Farm Horizons, April 2014
The future of farming: professor predicts what’s ahead for dairy producers
By Starrla Cray
What will the dairy industry look like 10 years from now?
University of Illinois professor emeritus Mike Hutjens shared his perspective at the 2014 Carver County Dairy Expo in Norwood Young America, with a presentation titled “Future of the Dairy Industry; Look Back to Look Ahead.”
“Forty years ago, farms were very diversified we had pigs, we had chickens, and we raised sugar beets,” Hutjens said. “In the ‘70s and ‘80s, dairy farming was seen as a way of life.”
Dairy farm labor was mainly family-based years ago, whereas today, many farms employ outside workers. These modern farm families often have a more “urban” lifestyle, with vacations and flexibility, Hutjens said.
Of the consumer food dollar, the majority (42.5 cents) is spent on energy, transportation, and marketing. About 38.5 cents goes toward labor, and the remaining 19 cents goes back into the farm.
The size of dairy farms is changing, and Minnesota has many farms with 200 or more milk cows. (Filling a semi-load of milk takes about 600 cows.)
Small dairy farms have also found niches, sometimes in organic milk production.
“About 4.2 percent of the milk is organic,” Hutjens said.
For organic milk, the consumer price (as of January 2013 data) was $6.50 per gallon. Milk labeled rBST Free was $6 per gallon, while “regular” milk was $3.50 per gallon.
Hutjens referred to regular milk as “green” milk, because it uses all approved technologies available to dairy farmers, and “has the smallest carbon footprint.”
About half of milk’s “carbon footprint” stems from milk production, according to Hutjens. Twenty percent is due to feed production, 17 from transportation/processing, 6 percent from retail, and 5 percent from consumption/disposal.
Hutjens spoke about environmental regulations around the world, stating that the European Union has suggested implementing carbon emission labeling for products, and New Zealand has an animal tax to conduct research on reducing greenhouse gases.
In the US, Agriculture Secretary Tom Vilsack stated he has a goal of helping the dairy industry reduce greenhouse gas emissions 25 percent by 2020.
In June 2013, Vilsack stated that the United States Department of Agriculture (USDA), under the Obama Administration, has invested nearly $120 million in coordinated agriculture project research “to sustain our productivity in the face of modern environmental challenges.” The USDA also gave $19.5 million to the University of Wisconsin and Oklahoma State University to look at the impacts of climate variability on dairy and beef production.

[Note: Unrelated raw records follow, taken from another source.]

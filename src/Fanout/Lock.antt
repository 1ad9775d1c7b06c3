-- ===== src/Fanout/Lock.antt =====
-- The lock between ticks.
use mathlib.Core.List.{Memᴰ}
use mathlib.Core.List.Memᴰ
use mathlib.Core.List.Memᴰ.{head, tail}
use briefed.Base.{
  All-mem, if-elim, ◌⊎◌, mem-filter, ℕ, ◌+◌, ◌≤◌, ◌<◌, ◌≡◌, ◌≢◌, refl, sym, subst, ◌∙◌, String,
  List, [], ◌∷◌, true, Option, none, some, filter, str_eq, eq_iff, arith, Bool-cases, Option-cases,
  inl, inr,
}
use briefed.Schedule.{is_due, lock_stale_after, Zones, last_run_debounce}
use briefed.Schedule.Ticks.{MayRun, is_due-MayRun}
use briefed.Tables.{User, Db, save_user}
use briefed.Fanout.{
  IngestMessage, Deps, is_candidate, run_fanout, schedule_view, clear_lock, release_user_lock,
  has_stale_lock,
}
use briefed.Fanout.Steps.{Justified, HeldAt, IsLockedAt}
use briefed.Fanout.Sent.{run_fanout-Ticked, run_fanout-Justified}

held-not-due :
    (zones : Zones) (now later : ℕ) (user : User)
    → HeldAt now user
    → later < now + lock_stale_after
    → is_due zones later (schedule_view user) ≢ true
held-not-due zones now later user ((run, held), since) soon due =
    let m : MayRun zones later (schedule_view user) =
      (is_due-MayRun zones later (schedule_view user)).0 due in
    let (started, e, le) = m.unlocked run held in ground arith

-- Two ticks less than half an hour apart, with no release or other change between them, never send
-- a message for the same user, however the first one ended and whatever users they are limited to.
pub run_fanout-once :
    (deps : Deps) (user_id user_id' : Option String) (now later ids ids' : ℕ) (db : Db)
    → later < now + lock_stale_after
    → (m m' : IngestMessage) → Memᴰ m (run_fanout deps user_id now db ids).1.sent
    → Memᴰ m' (run_fanout deps user_id' later (run_fanout deps user_id now db ids).1.db ids').1.sent
    → m.user_id ≢ m'.user_id
run_fanout-once deps user_id user_id' now later ids ids' db soon m m' sent sent' same =
    let db' : Db = (run_fanout deps user_id now db ids).1.db in
    let locked : IsLockedAt now m.user_id db'.users =
      All-mem (λ k. IsLockedAt now k.user_id db'.users) _ m
        (run_fanout-Ticked deps user_id now db ids).locked sent in
    let j =
      All-mem (Justified deps later (filter (is_candidate deps user_id') db'.users) db'.accounts) _
        m' (run_fanout-Justified deps user_id' later db' ids').0 sent' in
    held-not-due deps.zones now later j.user
      (All-mem (λ u. u.id ≡ m.user_id → HeldAt now u) db'.users j.user locked
        (mem-filter (is_candidate deps user_id') db'.users j.user j.listed).0
        (sym j.to_user ∙ sym same))
      soon j.due

-- A lock that has no start counts as stale at all times; but its user is never due.
pub has_stale_lock-not-due :
    (zones : Zones) (user : User) (run : String)
    → user.current_run_id ≡ some run
    → user.current_run_started_at ≡ none
    → (now : ℕ) → (has_stale_lock now user ≡ true) × (is_due zones now (schedule_view user) ≢ true)
unfolding has_stale_lock
has_stale_lock-not-due zones user run held unknown now = (
  ground arith,
  λ due.
      let (started, e, le) =
        ((is_due-MayRun zones now (schedule_view user)).0 due).unlocked run held in
      ground arith,
)

just_run-not-due :
    (zones : Zones) (now later : ℕ) (user : User)
    → user.last_run_finished_at ≡ some now
    → later < now + last_run_debounce
    → is_due zones later (schedule_view user) ≢ true
just_run-not-due zones now later user e soon due =
    let m : MayRun zones later (schedule_view user) =
      (is_due-MayRun zones later (schedule_view user)).0 due in
    let le : now + last_run_debounce ≤ later = m.rested now e in ground arith

-- What a release makes of a row: it lets go of the run, and for an hour the user is not due.
pub data Released (zones : Zones) (user_id run_id : String) (now : ℕ) (u : User)
    : User → Type 0 where
  kept : u.id ≢ user_id ⊎ u.current_run_id ≢ some run_id → Released zones user_id run_id now u u
  freed :
      u.id ≡ user_id
      → u.current_run_id ≡ some run_id
      → {u' : User} → u'.current_run_id ≡ none
      → ((later : ℕ)
          → later < now + last_run_debounce
          → is_due zones later (schedule_view u') ≢ true)
      → Released zones user_id run_id now u u'

module _ (zones : Zones) (user_id run_id : String) (now : ℕ) where
  abbrev finished : User → User
  finished u = record u {
    current_run_id = none;
    current_run_started_at = none;
    last_run_finished_at = some now;
  }

  clear_lock-Released :
      (u : User) → u.id ≡ user_id → Released zones user_id run_id now u (clear_lock run_id now u)
  unfolding clear_lock
  clear_lock-Released u same = elim (Option-cases u.current_run_id) [
    | inl unheld ↦
        let idle : clear_lock run_id now u ≡ u = ground arith in
        subst (Released zones user_id run_id now u) (sym idle) (kept (inr (λ e. ground arith)))
    | inr (held, e) ↦ elim (Bool-cases (str_eq held run_id)) [
      | inl ours ↦
          let let_go : clear_lock run_id now u ≡ finished u = ground arith in
          subst (Released zones user_id run_id now u) (sym let_go) (
            freed same (ground (arith, eq_iff held run_id)) refl
              (λ later soon. just_run-not-due zones now later (finished u) refl soon))
      | inr theirs ↦
          let untouched : clear_lock run_id now u ≡ u = ground arith in
          subst (Released zones user_id run_id now u) (sym untouched)
            (kept (inr (λ held'. ground (arith, eq_iff held run_id))))
    ]
  ]

  save_user-Released :
      (users : List User) (u' : User)
      → Memᴰ u' (save_user user_id (clear_lock run_id now) users)
      → (u : User) × Memᴰ u users × Released zones user_id run_id now u u'
  unfolding save_user
  save_user-Released [] u' m = absurd (Memᴰ.not-nil m)
  save_user-Released (u ∷ users) u' m = elim (Memᴰ.cases_cons m) [
    | inl e ↦ (
      u,
      head refl,
      subst (Released zones user_id run_id now u) (sym e) (
          if-elim (Released zones user_id run_id now u) (str_eq u.id user_id)
            (λ same. clear_lock-Released u (ground (arith, eq_iff u.id user_id)))
            (λ other. kept (inl (ground (arith, eq_iff u.id user_id))))),
    )
    | inr later ↦ let (v, listed, r) = save_user-Released users u' later in (v, tail listed, r)
  ]

-- A release frees a row only if it is the user's and holds exactly this run, and then the user is
-- not due for an hour; every other row, and a row of the user under another run, is as before.
pub release_user_lock-Released :
    (zones : Zones) (user_id run_id : String) (now : ℕ) (db : Db) (u' : User)
    → Memᴰ u' (release_user_lock user_id run_id now db).users
    → (u : User) × Memᴰ u db.users × Released zones user_id run_id now u u'
unfolding release_user_lock
release_user_lock-Released zones user_id run_id now db u' m =
    save_user-Released zones user_id run_id now db.users u' m
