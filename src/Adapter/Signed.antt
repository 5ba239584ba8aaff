-- ===== src/Adapter/Signed.antt =====
-- adapter.go: every operation reaches the node by requests that call has signed.
use device_management_platfo.Base.{ℕ, String, Bool, Option, List}
use device_management_platfo.Adapter.{NodeAdapter, Form, Payload}
use device_management_platfo.Adapter.Calls.{call}
use device_management_platfo.Adapter.Clients.{
  ClientUpdate, update_client, update_client_basic, create_client, delete_client, list_clients,
  client_credentials,
}
use device_management_platfo.Adapter.Tunnels.{
  managed_tunnel_status, list_managed_tunnels, set_managed_tunnel, socks_route,
}
use device_management_platfo.Adapter.Forwards.{
  list_node_forwards, set_node_forward, create_node_forward, delete_node_forward,
}
use device_management_platfo.Adapter.Requests.{Keeps, call-Keeps, IsClosedBy}

-- The operations of the adapter but Health, with the number of polls where one waits.
pub data NodeOp : Type 0 where
  lists_clients : NodeOp
  reads_credentials : ℕ → NodeOp
  updates : ℕ → ClientUpdate → NodeOp
  updates_basic : List ℕ → String → String → NodeOp
  creates : String → String → String → String → NodeOp
  deletes : ℕ → NodeOp
  lists_tunnels : NodeOp
  reads_status : ℕ → NodeOp
  sets_tunnel : ℕ → ℕ → Bool → NodeOp
  routes : ℕ → NodeOp
  lists_forwards : ℕ → NodeOp
  forwards_port : ℕ → ℕ → ℕ → String → String → NodeOp
  sets_forward : ℕ → ℕ → Bool → NodeOp
  deletes_forward : ℕ → NodeOp

unfoldable pub perform : {S : Type 0} → NodeAdapter S → String → NodeOp → S → S
perform o node_id lists_clients s = (list_clients o node_id s).1
perform o node_id (reads_credentials id) s = (client_credentials o node_id id s).1
perform o node_id (updates id u) s = (update_client o node_id id u s).1
perform o node_id (updates_basic ids user pass) s =
    (update_client_basic o node_id ids user pass s).1
perform o node_id (creates remark vkey user pass) s =
    (create_client o node_id remark vkey user pass s).1
perform o node_id (deletes id) s = (delete_client o node_id id s).1
perform o node_id lists_tunnels s = (list_managed_tunnels o node_id s).1
perform o node_id (reads_status id) s = (managed_tunnel_status o node_id id s).1
perform o node_id (sets_tunnel polls id running) s =
    (set_managed_tunnel o polls node_id id running s).1
perform o node_id (routes id) s = (socks_route o node_id id s).1
perform o node_id (lists_forwards id) s = (list_node_forwards o node_id id s).1
perform o node_id (forwards_port polls id port target remark) s =
    (create_node_forward o polls node_id id port target remark s).1
perform o node_id (sets_forward polls id running) s =
    (set_node_forward o polls node_id id running s).1
perform o node_id (deletes_forward id) s = (delete_node_forward o node_id id s).1

module _ {S : Type 0} (o : NodeAdapter S) (P : S → Type 0) (node_id : String)
    (closed : IsClosedBy o node_id P) where
  abbrev calls :
      {A : Type 0} (target : Payload → Option A) (path : String) (form : Form)
      → Keeps P (call o target node_id path form)
  calls = call-Keeps o P node_id closed
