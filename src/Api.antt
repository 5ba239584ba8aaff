-- ===== src/Api.antt =====
-- backend/internal/api: who may do what.
pub mod Authorization
pub mod Authentication
pub mod Login
pub mod Domains
pub mod Forwards
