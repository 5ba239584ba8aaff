-- ===== src/Store.antt =====
-- backend/internal/store: the tables of the SQLite schema (store/migrations.go, store/models.go) as
-- lists of rows in one record, the errors of store/node_connection.go, transactions, and the audit
-- row that ends them (store/audit.go). The store has one connection (store/store.go, Open), so a
-- statement or a transaction is one step. A column of times holds nanoseconds; the database keeps
-- them as RFC 3339 texts, and how SQLite compares those is a parameter, TextOrder.
mod Schema
unfoldable pub use Schema.*
pub mod Access
pub mod Users
pub mod Mfa
pub mod Policies
pub mod PortForwards
pub mod Discovery
pub mod Devices
pub mod Projects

In 2009, the Environmental Protection Agency proposed a livestock tax of $175 per dairy cow (over 25 cows), $87.50 per beef cow (over 50 cows), and $20 per hog (over 200 pigs).
“There are some years when you don’t make more than that number,” Hutjens said, adding that the measure did not pass.
Since 1990, animal agriculture greenhouse gases have increased 3.5 percent, according to Hutjens. In that same time frame, US milk production went up 20 percent, meat production rose by 50 percent, and egg production increased by 30 percent.
Today, milk production is more efficient, and doesn’t require as many cows, Hutjens noted. Per pound of milk, less than half of the greenhouse gases are produced compared to 70 years ago.
“If you want to produce the same amount of milk organically, it will take 30 percent more cows and resources,” he said.
To further reduce carbon emissions, Hutjens said farmers should aim to increase milk yield per cow, use rBST, use Rumensin, optimize rumen fermentation, use feed additives, and increase forage quality.
Hutjens predicts that animal and environmental care will be greatly impacted by the consumer, the dairy industry, and activist groups in the upcoming years.
Fifteen years ago, 34 percent of milk was produced on farms with more than 500 cows. By 2020, Hutjens predicts that these large farms will produce 85 percent of the milk supply.